§ PROBLEM TO SOLVE
From the records below, state how many lines include the word "another", giving only that number.

Stored data:

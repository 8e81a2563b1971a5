-- ===== src/Tests/TurnRuns.antt =====
-- A turn that is collected: crates/codex-runtime/src/runtime/turn_output.rs and turn_lifecycle.rs.
use coclai.Prelude.{
  ◌∷◌, [], ℕ, ◌≤◌, ◌+◌, ◌≡◌, refl, String, true, none, some, not, filter, is_some, codes, arith,
}
use coclai.Checked.{Checked, ok}
use coclai.Events.{Envelope, inbound, notification}
use coclai.Turn.Output.{
  new_text, new_stream, TurnStreamCollector, merge_turn_completed_text, push_text,
}
use coclai.Turn.Output.Merge.{BeginsWith, EndsIn, merge_turn_completed_text-keeps_both}
use coclai.Turn.Output.Collected.{push_all, push_text-BeginsWith, push_text-streamed_item}
use coclai.Turn.Lifecycle.{
  Round, received, Collecting, collect_rounds, collect_turn_terminal_with_limits,
}
use coclai.Turn.Lifecycle.Rounds.{foreign, brings}
use coclai.Turn.Lifecycle.Bounds.{
  collect_rounds-filter, collect_turn_terminal_with_limits-matching_le,
  collect_turn_terminal_with_limits_ends,
}
use coclai.Tests.Values.{Value, empty, text, field, small_json}

merge_turn_completed_text-keeps_both_example :
    BeginsWith (codes "Hel") (merge_turn_completed_text (codes "Hel") (codes "Hello"))
    × EndsIn (codes "Hello") (merge_turn_completed_text (codes "Hel") (codes "Hello"))
merge_turn_completed_text-keeps_both_example =
    merge_turn_completed_text-keeps_both (codes "Hel") (codes "Hello")

abbrev envelope : String → String → Value → Envelope Value
envelope thread_id method json = record {
  seq = 1;
  ts_millis = 0;
  direction = inbound;
  kind = notification;
  rpc_id = none;
  method = some method;
  thread_id = some thread_id;
  turn_id = some "turn";
  item_id = some "item";
  json = json;
}

abbrev delta : Envelope Value
delta =
    envelope "thread" "item/agentMessage/delta"
      (field "params" (field "delta" (text "Hello") empty) empty)

abbrev done : Envelope Value
done = envelope "thread" "item/completed" (field "params" (field "text" (text "Hello") empty) empty)

push_text-BeginsWith_example : BeginsWith [] (push_text small_json new_text delta).text
push_text-BeginsWith_example = push_text-BeginsWith small_json new_text delta

push_text-streamed_item_example :
    (push_text small_json
      (push_all small_json (push_text small_json new_text delta) (delta ∷ []))
      done).text
    ≡ (push_all small_json (push_text small_json new_text delta) (delta ∷ [])).text
push_text-streamed_item_example =
    push_text-streamed_item small_json new_text delta done (delta ∷ []) "item" "Hello" refl refl
      refl refl refl

-- A callback that counts the envelopes that it sees.
abbrev counting : ℕ → Envelope Value → ℕ × Checked ℕ Unit
counting n e = (n + 1, ok tt)

abbrev at : Envelope Value → Round Value ℕ
at e = record { now = 1; event = received e }

abbrev other : Envelope Value
other = envelope "another" "turn/completed" empty

abbrev stream : TurnStreamCollector
stream = new_stream "thread" "turn"

abbrev collecting : Collecting ℕ
collecting = record { hook = 0; stream = stream; turn_event_budget = 2 }

collect_rounds-filter_example :
    collect_rounds small_json counting 9 collecting (at other ∷ at delta ∷ [])
    ≡ collect_rounds small_json counting 9 collecting
        (filter (λ r. not (foreign 9 stream r)) (at other ∷ at delta ∷ []))
collect_rounds-filter_example =
    collect_rounds-filter small_json counting 9 stream collecting (at other ∷ at delta ∷ [])
      (refl, refl)

collect_turn_terminal_with_limits-matching_le_example :
    (collect_turn_terminal_with_limits small_json counting 9 0 stream 1
      (at delta ∷ at delta ∷ [])).0.stream.matching_turn_events
    ≤ 0 + 1
collect_turn_terminal_with_limits-matching_le_example =
    collect_turn_terminal_with_limits-matching_le small_json counting 9 0 stream 1
      (at delta ∷ at delta ∷ [])

collect_turn_terminal_with_limits_ends_example :
    is_some
      (collect_turn_terminal_with_limits small_json counting 9 0 stream 1
        (at delta ∷ at other ∷ at delta ∷ [])).1
    ≡ true
unfolding brings
collect_turn_terminal_with_limits_ends_example =
    collect_turn_terminal_with_limits_ends small_json counting 9 0 stream 1
      (at delta ∷ at other ∷ at delta ∷ []) (omega arith)
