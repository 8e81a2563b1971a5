-- ===== src/Web/Types.antt =====
-- The data of the web adapter: crates/codex-runtime/src/adapters/web/types.rs and the records of
-- state.rs. A formatted message of an internal error is a value that keeps what is formatted.
use coclai.Prelude.{ℕ, ◌≡◌, refl, ◌⊎◌, inl, inr, String, Bool, Option, List, [], Map}
use coclai.Json.{Json}

pub record WebAdapterConfig : Type 0 where
  pub session_event_channel_capacity : ℕ
  pub session_approval_channel_capacity : ℕ

mutual
  pub data WebError : Type 0 where
    invalid_session already_bound invalid_approval invalid_turn_payload : WebError
    invalid_approval_payload forbidden session_closing : WebError
    invalid_config : String → WebError
    -- expected major and minor, actual major and minor
    incompatible_contract : ℕ → ℕ → ℕ → ℕ → WebError
    -- thread_id, existing_artifact_id, requested_artifact_id
    session_thread_conflict : String → String → String → WebError
    internal : Message → WebError

  pub data Message : Type 0 where
    thread_index_inconsistent close_requires_closing missing_turn_id : Message
    -- requested, actual
    resume_mismatch : String → String → Message
    -- session_id, the error of the archive call
    archive_failed : String → WebError → Message
    -- session_id, the error of the archive call, the error of the rollback
    archive_and_rollback_failed : String → WebError → WebError → Message
    adapter_error : String → Message

pub data Result {ℓ} (A : Type ℓ) : Type ℓ where
  ok : A → Result A
  err : WebError → Result A

-- The operator `?`.
infixl 5 ◌>>=◌ ◌>>◌
abbrev pub ◌>>=◌ {ℓ κ} : {A : Type ℓ} {B : Type κ} → Result A → (A → Result B) → Result B
err e >>= next = err e
ok value >>= next = next value

-- A check whose value is not used.
abbrev pub ◌>>◌ {ℓ} : {A : Type ℓ} → Result (Unit {0}) → Result A → Result A
err e >> next = err e
ok _ >> next = next

pub Result-cases {ℓ} :
    {A : Type ℓ} (r : Result A) → ((e : WebError) × (r ≡ err e)) ⊎ ((a : A) × (r ≡ ok a))
Result-cases (ok a) = inr (a, refl)
Result-cases (err e) = inl (e, refl)

pub data SessionLifecycle : Type 0 where
  active closing : SessionLifecycle

pub record SessionRecord : Type 0 where
  pub session_id : String
  pub tenant_id : String
  pub artifact_id : String
  pub thread_id : String
  pub lifecycle : SessionLifecycle
  pub approval_queue_capacity : ℕ

pub record RouteMissMetrics : Type 0 where
  pub missing_thread_id : ℕ
  pub missing_session_mapping : ℕ
  pub missing_approval_topic : ℕ

-- crates/codex-runtime/src/runtime/approvals.rs
pub record ServerRequest (Value : Type 0) : Type 0 where
  pub approval_id : String
  pub method : String
  pub params : Value

-- The broadcast channels of `tokio`: a sender is made with a capacity.
pub record Topics : Type 1 where
  pub EventSender : Type 0
  pub ApprovalSender : Type 0
  pub event_channel : ℕ → EventSender
  pub approval_channel : ℕ → ApprovalSender

pub record WebState (json : Json) (topics : Topics) : Type 0 where
  pub sessions : Map SessionRecord
  pub thread_to_session : Map String
  pub event_topics : Map topics.EventSender
  pub approval_topics : Map topics.ApprovalSender
  pub approval_to_session : Map String
  pub queued_approvals : Map (List (ServerRequest json.Value))
  pub server_request_route_miss : RouteMissMetrics

-- `WebState::default`.
abbrev pub empty_state : (json : Json) (topics : Topics) → WebState json topics
empty_state json topics = record {
  sessions = [];
  thread_to_session = [];
  event_topics = [];
  approval_topics = [];
  approval_to_session = [];
  queued_approvals = [];
  server_request_route_miss = record {
    missing_thread_id = 0;
    missing_session_mapping = 0;
    missing_approval_topic = 0;
  };
}

pub record CreateSessionResponse : Type 0 where
  pub session_id : String
  pub thread_id : String

pub record CloseSessionResponse : Type 0 where
  pub thread_id : String
  pub archived : Bool

pub record CreateSessionRequest : Type 0 where
  pub artifact_id : String
  pub model : Option String
  pub thread_id : Option String

pub record ApprovalResponsePayload (Value : Type 0) : Type 0 where
  pub decision : Option Value
  pub result : Option Value
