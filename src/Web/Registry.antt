-- ===== src/Web/Registry.antt =====
-- The session registry: crates/codex-runtime/src/adapters/web/state.rs. Each function is what runs
-- under one acquisition of the lock. The session id that `Uuid::new_v4` makes is an argument.
pub mod Access
pub mod Dropped
pub mod Consistent
use coclai.Prelude.{
  ℕ, String, Bool, true, false, not, Option, none, some, List, [], ◌∷◌, ◌==◌, if◌then◌else◌, Map,
  lookup, insert, remove, modify, retain,
}
use coclai.Json.{Json}
use coclai.Web.Types.{
  WebAdapterConfig, WebError, invalid_session, forbidden, session_closing, session_thread_conflict,
  internal, thread_index_inconsistent, close_requires_closing, Result, ok, err, ◌>>=◌, ◌>>◌,
  SessionLifecycle, active, closing, SessionRecord, Topics, WebState, CreateSessionResponse,
}

unfoldable pub ensure_tenant_owns_session : SessionRecord → String → Result (Unit {0})
ensure_tenant_owns_session session tenant_id =
    if session.tenant_id == tenant_id then ok tt else err forbidden

unfoldable pub ensure_artifact_matches_session : SessionRecord → String → String → Result (Unit {0})
ensure_artifact_matches_session session artifact_id thread_id =
    if session.artifact_id == artifact_id
    then ok tt
    else err (session_thread_conflict thread_id session.artifact_id artifact_id)

abbrev pub is_active : SessionLifecycle → Bool
is_active active = true
is_active closing = false

unfoldable pub ensure_session_active : SessionRecord → Result (Unit {0})
ensure_session_active session = if is_active session.lifecycle then ok tt else err session_closing

unfoldable pub ensure_session_key_consistent :
    SessionRecord → String → String → String → Result (Unit {0})
unfolding ensure_tenant_owns_session ensure_artifact_matches_session ensure_session_active
ensure_session_key_consistent session tenant_id artifact_id thread_id = do
  ensure_tenant_owns_session session tenant_id
  ensure_artifact_matches_session session artifact_id thread_id
  ensure_session_active session

-- The record that `register_session` inserts.
abbrev pub new_session : WebAdapterConfig → String → String → String → String → SessionRecord
new_session config session_id tenant_id artifact_id thread_id = record {
  session_id = session_id;
  tenant_id = tenant_id;
  artifact_id = artifact_id;
  thread_id = thread_id;
  lifecycle = active;
  approval_queue_capacity = config.session_approval_channel_capacity;
}

-- `record.lifecycle = SessionLifecycle::Closing`.
abbrev pub begin_closing : SessionRecord → SessionRecord
begin_closing session = record session { lifecycle = closing }

-- `if session.lifecycle == Closing { session.lifecycle = Active; }`.
abbrev pub reopen : SessionRecord → SessionRecord
reopen session =
    if is_active session.lifecycle then session else record session { lifecycle = active }

-- `.ok_or(error)`.
abbrev pub ok_or {ℓ} : {A : Type ℓ} → Option A → WebError → Result A
ok_or none e = err e
ok_or (some a) e = ok a

module _ {json : Json} {topics : Topics} where
  unfoldable pub session_from_thread_index :
      WebState json topics → String → Result (Option SessionRecord)
  session_from_thread_index state thread_id = elim (lookup thread_id state.thread_to_session) [
    | none ↦ ok none
    | some session_id ↦ do
      existing ← ok_or (lookup session_id state.sessions) (internal thread_index_inconsistent)
      ok (some existing)
  ]

  unfoldable pub assert_thread_access :
      WebState json topics → String → String → String → Result (Unit {0})
  unfolding session_from_thread_index ensure_session_key_consistent
  assert_thread_access state tenant_id artifact_id thread_id =
      session_from_thread_index state thread_id >>= λ found. elim found [
        | none ↦ err forbidden
        | some existing ↦ ensure_session_key_consistent existing tenant_id artifact_id thread_id
      ]

  -- The insertions of `register_session`, for a thread that has no session.
  unfoldable pub add_session :
      WebState json topics
      → WebAdapterConfig
      → String
      → String
      → String
      → String
      → WebState json topics
  add_session state config session_id tenant_id artifact_id thread_id = record state {
    sessions =
        insert session_id (new_session config session_id tenant_id artifact_id thread_id)
          state.sessions;
    thread_to_session = insert thread_id session_id state.thread_to_session;
    event_topics =
        insert session_id (topics.event_channel config.session_event_channel_capacity)
          state.event_topics;
    approval_topics =
        insert session_id (topics.approval_channel config.session_approval_channel_capacity)
          state.approval_topics;
  }

  unfoldable pub register_session :
      WebState json topics
      → WebAdapterConfig
      → String
      → String
      → String
      → String
      → Result CreateSessionResponse × WebState json topics
  unfolding session_from_thread_index ensure_session_key_consistent add_session
  register_session state config session_id tenant_id artifact_id thread_id =
      elim (session_from_thread_index state thread_id) [
        | err e ↦ (err e, state)
        | ok none ↦ (
          ok (record { session_id = session_id; thread_id = thread_id }),
          add_session state config session_id tenant_id artifact_id thread_id,
        )
        | ok (some existing) ↦ (
          (do
            ensure_session_key_consistent existing tenant_id artifact_id thread_id
            ok (record { session_id = existing.session_id; thread_id = existing.thread_id })),
          state,
        )
      ]

  unfoldable pub load_owned_session : WebState json topics → String → String → Result SessionRecord
  unfolding ensure_tenant_owns_session ensure_session_active
  load_owned_session state tenant_id session_id = do
    session ← ok_or (lookup session_id state.sessions) invalid_session
    ensure_tenant_owns_session session tenant_id
    ensure_session_active session
    ok session

  unfoldable pub begin_close_owned_session :
      WebState json topics → String → String → Result SessionRecord × WebState json topics
  unfolding load_owned_session
  begin_close_owned_session state tenant_id session_id =
      elim (load_owned_session state tenant_id session_id) [
        | err e ↦ (err e, state)
        | ok session ↦ (
          ok (begin_closing session),
          record state { sessions = modify session_id begin_closing state.sessions },
        )
      ]

  -- What `finalize_close_owned_session` removes.
  unfoldable pub drop_session : WebState json topics → String → String → WebState json topics
  drop_session state session_id thread_id = record state {
    sessions = remove session_id state.sessions;
    thread_to_session = remove thread_id state.thread_to_session;
    event_topics = remove session_id state.event_topics;
    approval_topics = remove session_id state.approval_topics;
    queued_approvals = remove session_id state.queued_approvals;
    approval_to_session =
        retain (λ _ owner_session_id. not (owner_session_id == session_id))
          state.approval_to_session;
  }

  -- The checks of `finalize_close_owned_session`.
  unfoldable pub load_closing_session :
      WebState json topics → String → String → Result SessionRecord
  unfolding ensure_tenant_owns_session
  load_closing_session state tenant_id session_id = do
    session ← ok_or (lookup session_id state.sessions) invalid_session
    ensure_tenant_owns_session session tenant_id
    if is_active session.lifecycle then err (internal close_requires_closing) else ok session

  unfoldable pub finalize_close_owned_session :
      WebState json topics → String → String → Result SessionRecord × WebState json topics
  unfolding load_closing_session drop_session
  finalize_close_owned_session state tenant_id session_id =
      elim (load_closing_session state tenant_id session_id) [
        | err e ↦ (err e, state)
        | ok session ↦ (ok session, drop_session state session_id session.thread_id)
      ]

  -- The checks of `rollback_close_owned_session`.
  unfoldable pub ensure_owned_session : WebState json topics → String → String → Result (Unit {0})
  unfolding ensure_tenant_owns_session
  ensure_owned_session state tenant_id session_id = do
    session ← ok_or (lookup session_id state.sessions) invalid_session
    ensure_tenant_owns_session session tenant_id

  unfoldable pub rollback_close_owned_session :
      WebState json topics → String → String → Result (Unit {0}) × WebState json topics
  unfolding ensure_owned_session
  rollback_close_owned_session state tenant_id session_id =
      elim (ensure_owned_session state tenant_id session_id) [
        | err e ↦ (err e, state)
        | ok _ ↦ (ok tt, record state { sessions = modify session_id reopen state.sessions })
      ]
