-- ===== src/Web/Registry/Access.antt =====
-- Who reaches a session, and how a session closes: crates/codex-runtime/src/adapters/web/state.rs.
use coclai.Prelude.{
  ◌≡◌, refl, ◌≢◌, String, false, some, ◌==◌, lookup, arith, eq_iff, Option-cases, inl, inr,
  lookup-modify, modify-modify, modify_same, modify, ap, ◌∙◌,
}
use coclai.Json.{Json}
use coclai.Web.Types.{
  forbidden, session_closing, ok, err, SessionRecord, Topics, WebState, active, closing,
  Result-cases,
}
use coclai.Web.Registry.{
  load_owned_session, begin_close_owned_session, finalize_close_owned_session,
  rollback_close_owned_session, begin_closing, reopen, ensure_owned_session, drop_session,
}

module _ {json : Json} {topics : Topics} (state : WebState json topics)
    (tenant_id session_id : String) where
  -- A session that is loaded is one of the tenant's, is active, and is the record under its id.
  pub load_owned_session-ok :
      (session : SessionRecord)
      → load_owned_session state tenant_id session_id ≡ ok session
      → (lookup session_id state.sessions ≡ some session)
        × (session.tenant_id ≡ tenant_id)
        × (session.lifecycle ≡ active)
  unfolding load_owned_session
  load_owned_session-ok session h = elim (Option-cases (lookup session_id state.sessions)) [
    | inl e ↦ ground arith
    | inr (found, e) ↦ ground (arith, eq_iff found.tenant_id tenant_id)
  ]

  -- On a session of another tenant, loading, beginning a close, finalizing it and rolling it back are
  -- all forbidden and leave the registry as it was.
  pub tenant_isolation :
      (session : SessionRecord)
      → lookup session_id state.sessions ≡ some session
      → session.tenant_id ≢ tenant_id
      → (load_owned_session state tenant_id session_id ≡ err forbidden)
        × (begin_close_owned_session state tenant_id session_id ≡ (err forbidden, state))
        × (finalize_close_owned_session state tenant_id session_id ≡ (err forbidden, state))
        × (rollback_close_owned_session state tenant_id session_id ≡ (err forbidden, state))
  unfolding load_owned_session begin_close_owned_session finalize_close_owned_session
      rollback_close_owned_session
  tenant_isolation session e other =
      let foreign : (session.tenant_id == tenant_id) ≡ false =
        ground (arith, eq_iff session.tenant_id tenant_id) in
      (ground arith, ground arith, ground arith, ground arith)

  pub begin_close_lem :
      (session : SessionRecord) (closed : WebState json topics)
      → begin_close_owned_session state tenant_id session_id ≡ (ok session, closed)
      → (found : SessionRecord) × (lookup session_id state.sessions ≡ some found)
        × (found.tenant_id ≡ tenant_id)
        × (found.lifecycle ≡ active)
        × (session ≡ begin_closing found)
        × (closed ≡ record state { sessions = modify session_id begin_closing state.sessions })
  unfolding begin_close_owned_session
  begin_close_lem session closed h =
      elim (Result-cases (load_owned_session state tenant_id session_id)) [
        | inl (e, failed) ↦ absurd (cc (failed, h))
        | inr (found, loaded) ↦
            let (there, owned, live) = load_owned_session-ok found loaded in
            (found, there, owned, live, ground arith, ground arith)
      ]

module _ {json : Json} {topics : Topics} (state : WebState json topics)
    (tenant_id session_id : String) (session : SessionRecord) (closed : WebState json topics)
    (begun : begin_close_owned_session state tenant_id session_id ≡ (ok session, closed)) where
  -- What the registry holds of a session that has begun to close.
  begun_record :
      (lookup session_id closed.sessions ≡ some session)
      × (session.tenant_id ≡ tenant_id)
      × (session.lifecycle ≡ closing)
  begun_record =
      let (found, there, owned, live, s, c) =
        begin_close_lem state tenant_id session_id session closed begun in
      (
        rw (c, s)
            (lookup-modify session_id session_id begin_closing state.sessions
              ∙ ground (arith, eq_iff session_id session_id)),
        rw s owned,
        rw s refl,
      )

  -- A close that has begun shuts the session to its owner: it can be neither used nor closed again.
  pub close_begun_shuts :
      (load_owned_session closed tenant_id session_id ≡ err session_closing)
      × (begin_close_owned_session closed tenant_id session_id ≡ (err session_closing, closed))
  unfolding load_owned_session begin_close_owned_session
  close_begun_shuts =
      let (there, owned, live) = begun_record in
      (
        ground (arith, eq_iff session.tenant_id tenant_id),
        ground (arith, eq_iff session.tenant_id tenant_id),
      )

  -- The rollback of a close that has begun puts the whole registry back as it was.
  pub rollback_undoes_begin :
      rollback_close_owned_session closed tenant_id session_id ≡ (ok tt, state)
  unfolding rollback_close_owned_session
  rollback_undoes_begin =
      let (found, there, owned, live, s, c) =
        begin_close_lem state tenant_id session_id session closed begun in
      let (there', owned', live') = begun_record in
      let back : modify session_id reopen closed.sessions ≡ state.sessions = rw c (
        modify-modify session_id begin_closing reopen state.sessions
        ∙ modify_same session_id (λ r. reopen (begin_closing r)) state.sessions there
            (ground arith)) in
      let ensured : ensure_owned_session closed tenant_id session_id ≡ ok tt =
        unfold ensure_owned_session in ground (arith, eq_iff session.tenant_id tenant_id) in
      rw (ensured, rollback_close_owned_session, back)
        (ap (λ (w : WebState json topics). (ok tt, record w { sessions = state.sessions })) c)

  -- After a close has begun its finalization succeeds, and drops the session.
  pub finalize_after_begin :
      finalize_close_owned_session closed tenant_id session_id
      ≡ (ok session, drop_session closed session_id session.thread_id)
  unfolding finalize_close_owned_session
  finalize_after_begin =
      let (there, owned, live) = begun_record in ground (arith, eq_iff session.tenant_id tenant_id)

§ SOLVED EXERCISE
2